Liu C Y, Fu R, Wang H Q, Li L J, Liu H, Guan J, Wang T, Qi W W, Ruan E B, Qu W, Wang G J, Liu H, Wu Y H, Song J, Xing L M, Shao Z H
Department of Hematology, General Hospital, Tianjin Medical University, Tianjin, China.
Department of Hematology, General Hospital, Tianjin Medical University, Tianjin, China
Genet Mol Res. 2014 May 30;13(2):4083-8. doi: 10.4238/2014.May.30.3.

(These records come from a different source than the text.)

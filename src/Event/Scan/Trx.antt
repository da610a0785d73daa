-- ===== src/Event/Scan/Trx.antt =====
-- What the events of a file are to `seek_and_verify_complete_trx`, and what they come to.
use oblogproxy.Common.{
  ℕ, ◌≡◌, ◌≢◌, ◌⊎◌, List, [], ◌∷◌, some, Bool, true, false, if◌then◌else◌, ◌||◌, ◌==◌,
}
use oblogproxy.Event.Header.{
  OblogEventHeader, previous_gtids_log_event, gtid_log_event, xid_event, query_event,
}
use oblogproxy.Event.Checksum.{read_file}
use oblogproxy.Event.Memory.{c_string}
use oblogproxy.Event.Gtid
use oblogproxy.Event.Query
use oblogproxy.Event.Scan.{BinlogTrxOverview, begin_var}
use oblogproxy.Event.Scan.Layout.{Raw}

-- The previous GTIDs, a GTID with its transaction id, the end of a transaction, or another event.
pub data Kind : Type 0 where
  previous : Kind
  gtid : ℕ → Kind
  ends : Kind
  passes : Kind

abbrev pub Event : Type 0
Event = Kind × Raw

abbrev pub raws : List Event → List Raw
raws [] = []
raws ((k, (h, body)) ∷ es) = (h, body) ∷ raws es

abbrev pub Closes : Kind → Type 0
Closes Kind.previous = Unit {0}
Closes (Kind.gtid n) = ⊥
Closes Kind.ends = Unit {0}
Closes Kind.passes = ⊥

-- The GTID that is open behind the events.
abbrev pub open_gtid : ℕ → List Event → ℕ
open_gtid p [] = p
open_gtid p ((Kind.previous, r) ∷ es) = open_gtid p es
open_gtid p ((Kind.gtid n, r) ∷ es) = open_gtid n es
open_gtid p ((Kind.ends, r) ∷ es) = open_gtid 0 es
open_gtid p ((Kind.passes, r) ∷ es) = open_gtid p es

-- The GTID that the last transaction to end had, or `d`.
abbrev pub ended_gtid : ℕ → ℕ → List Event → ℕ
ended_gtid d p [] = d
ended_gtid d p ((Kind.previous, r) ∷ es) = ended_gtid d p es
ended_gtid d p ((Kind.gtid n, r) ∷ es) = ended_gtid d n es
ended_gtid d p ((Kind.ends, r) ∷ es) = ended_gtid p 0 es
ended_gtid d p ((Kind.passes, r) ∷ es) = ended_gtid d p es

-- Where the last transaction with the GTID `g` ends, or `d`.
abbrev pub end_with : ℕ → ℕ → ℕ → List Event → ℕ
end_with g d p [] = d
end_with g d p ((Kind.previous, r) ∷ es) = end_with g d p es
end_with g d p ((Kind.gtid n, r) ∷ es) = end_with g d n es
end_with g d p ((Kind.ends, (h, body)) ∷ es) =
    end_with g (if p == g then h.next_position else d) 0 es
end_with g d p ((Kind.passes, r) ∷ es) = end_with g d p es

abbrev pub has_previous : List Event → Bool
has_previous [] = false
has_previous ((Kind.previous, r) ∷ es) = true
has_previous ((Kind.gtid n, r) ∷ es) = has_previous es
has_previous ((Kind.ends, r) ∷ es) = has_previous es
has_previous ((Kind.passes, r) ∷ es) = has_previous es

-- The overview of the events, beginning with `trx`, where the last transaction or the previous GTIDs
-- end at `end`.
abbrev pub overview_of : BinlogTrxOverview → List Event → ℕ → BinlogTrxOverview
overview_of trx es end = record {
  has_previous_gtids_event = trx.has_previous_gtids_event || has_previous es;
  last_complete_trx_end_pos = end;
  last_complete_trx_gtid = ended_gtid trx.last_complete_trx_gtid trx.trx_need_truncated_gtid es;
  trx_need_truncated_gtid = open_gtid trx.trx_need_truncated_gtid es;
  trx_specify_truncated_gtid = trx.trx_specify_truncated_gtid;
  trx_specify_truncated_end_pos =
      end_with trx.trx_specify_truncated_gtid trx.trx_specify_truncated_end_pos
        trx.trx_need_truncated_gtid es;
}

module _ (heap : List ℕ) (flag : ℕ) (file : List ℕ) where
  -- A query whose statement is, or is not, BEGIN.
  abbrev pub Queries : ℕ → OblogEventHeader → (List ℕ → Type 0) → Type 0
  Queries pos h P =
      (h.type_code ≡ query_event)
      × (buffer : List ℕ) × (e : Query.QueryEvent) × (read_file file pos h.event_length
          ≡ some buffer)
      × (Query.deserialize heap flag buffer ≡ some e)
      × P (c_string e.sql_statment)

  -- What the event at `pos` is, by its type and by what stands there.
  abbrev pub Is : ℕ → OblogEventHeader → Kind → Type 0
  Is pos h Kind.previous = h.type_code ≡ previous_gtids_log_event
  Is pos h (Kind.gtid n) =
      (h.type_code ≡ gtid_log_event)
      × (buffer : List ℕ) × (e : Gtid.GtidLogEvent) × (read_file file pos h.event_length
          ≡ some buffer)
      × (Gtid.deserialize flag buffer ≡ some e)
      × (e.gtid_txn_id ≡ n)
  Is pos h Kind.ends = (h.type_code ≡ xid_event) ⊎ Queries pos h (λ text. text ≢ begin_var)
  Is pos h Kind.passes =
      ((h.type_code ≢ previous_gtids_log_event)
        × (h.type_code ≢ gtid_log_event)
        × (h.type_code ≢ xid_event)
        × (h.type_code ≢ query_event))
      ⊎ Queries pos h (λ text. text ≡ begin_var)

  abbrev pub Kinds : ℕ → List Event → Type 0
  Kinds pos [] = Unit {0}
  Kinds pos ((k, (h, body)) ∷ es) = Is pos h k × Kinds h.next_position es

Fas/FasL protein expression of bone marrow hematopoietic cells was investigated in severe aplastic anemia (SAA) patients. Fas expression was evaluated in CD34(+), GlycoA(+), CD33(+), and CD14(+) cells labeled with monoclonal antibodies in newly diagnosed and remission SAA patients along with normal controls. FasL expression was evaluated in CD8(+) cells in the same manner. In CD34(+) cells, Fas expression was significantly higher in the newly diagnosed SAA group (46.59 ± 27.60%) than the remission (6.12 ± 3.35%; P < 0.01) and control (8.89 ± 7.28%; P < 0.01) groups. In CD14(+), CD33(+), and GlycoA(+) cells, Fas levels were significantly lower in the newly diagnosed SAA group (29.29 ± 9.23, 46.88 ± 14.30, and 15.15 ± 9.26%, respectively) than in the remission (47.23 ± 31.56, 67.22 ± 34.68, and 43.56 ± 26.85%, respectively; P < 0.05) and normal control (51.25 ± 38.36, 72.06 ± 39.88, 50.38 ± 39.88%, respectively; P < 0.05) groups. FasL expression of CD8(+) cells was significantly higher in the newly diagnosed SAA group (89.53 ± 45.68%) than the remission (56.39 ± 27.94%; P < 0.01) and control (48.63 ± 27.38%; P <0.01) groups. No significant differences were observed between the remission and control groups. FasL expression in CD8(+) T cells was significantly higher in newly diagnosed patients, and CD34(+), CD33(+), CD14(+), and GlycoA(+) cells all showed Fas antigen expression. The Fas/FasL pathway might play an important role in excessive hematopoietic cell apoptosis in SAA bone marrow. Furthermore, CD34(+) cells are likely the main targets of SAA immune injury.
研究了重型再生障碍性贫血(SAA)患者骨髓造血细胞的Fas/FasL蛋白表达。在新诊断和缓解期的SAA患者以及正常对照中,用单克隆抗体标记CD34(+)、GlycoA(+)、CD33(+)和CD14(+)细胞,评估Fas表达。以同样的方式评估CD8(+)细胞中的FasL表达。在CD34(+)细胞中,新诊断的SAA组Fas表达(46.59±27.60%)显著高于缓解期(6.12±3.35%;P<0.01)和对照组(8.89±7.28%;P<0.01)。在CD14(+)、CD33(+)和GlycoA(+)细胞中,新诊断的SAA组Fas水平(分别为29.29±9.23、46.88±14.30和15.15±9.26%)显著低于缓解期(分别为47.23±31.56、67.22±34.68和43.56±26.85%;P<0.05)和正常对照组(分别为51.25±38.36、72.06±39.88、50.38±39.88%;P<0.05)。新诊断的SAA组CD8(+)细胞的FasL表达(89.53±45.68%)显著高于缓解期(56.39±27.94%;P<0.01)和对照组(48.63±27.38%;P<0.01)。缓解期和对照组之间未观察到显著差异。新诊断患者CD8(+)T细胞中的FasL表达显著更高,且CD34(+)、CD33(+)、CD14(+)和GlycoA(+)细胞均显示Fas抗原表达。Fas/FasL途径可能在SAA骨髓中造血细胞过度凋亡中起重要作用。此外,CD34(+)细胞可能是SAA免疫损伤的主要靶点。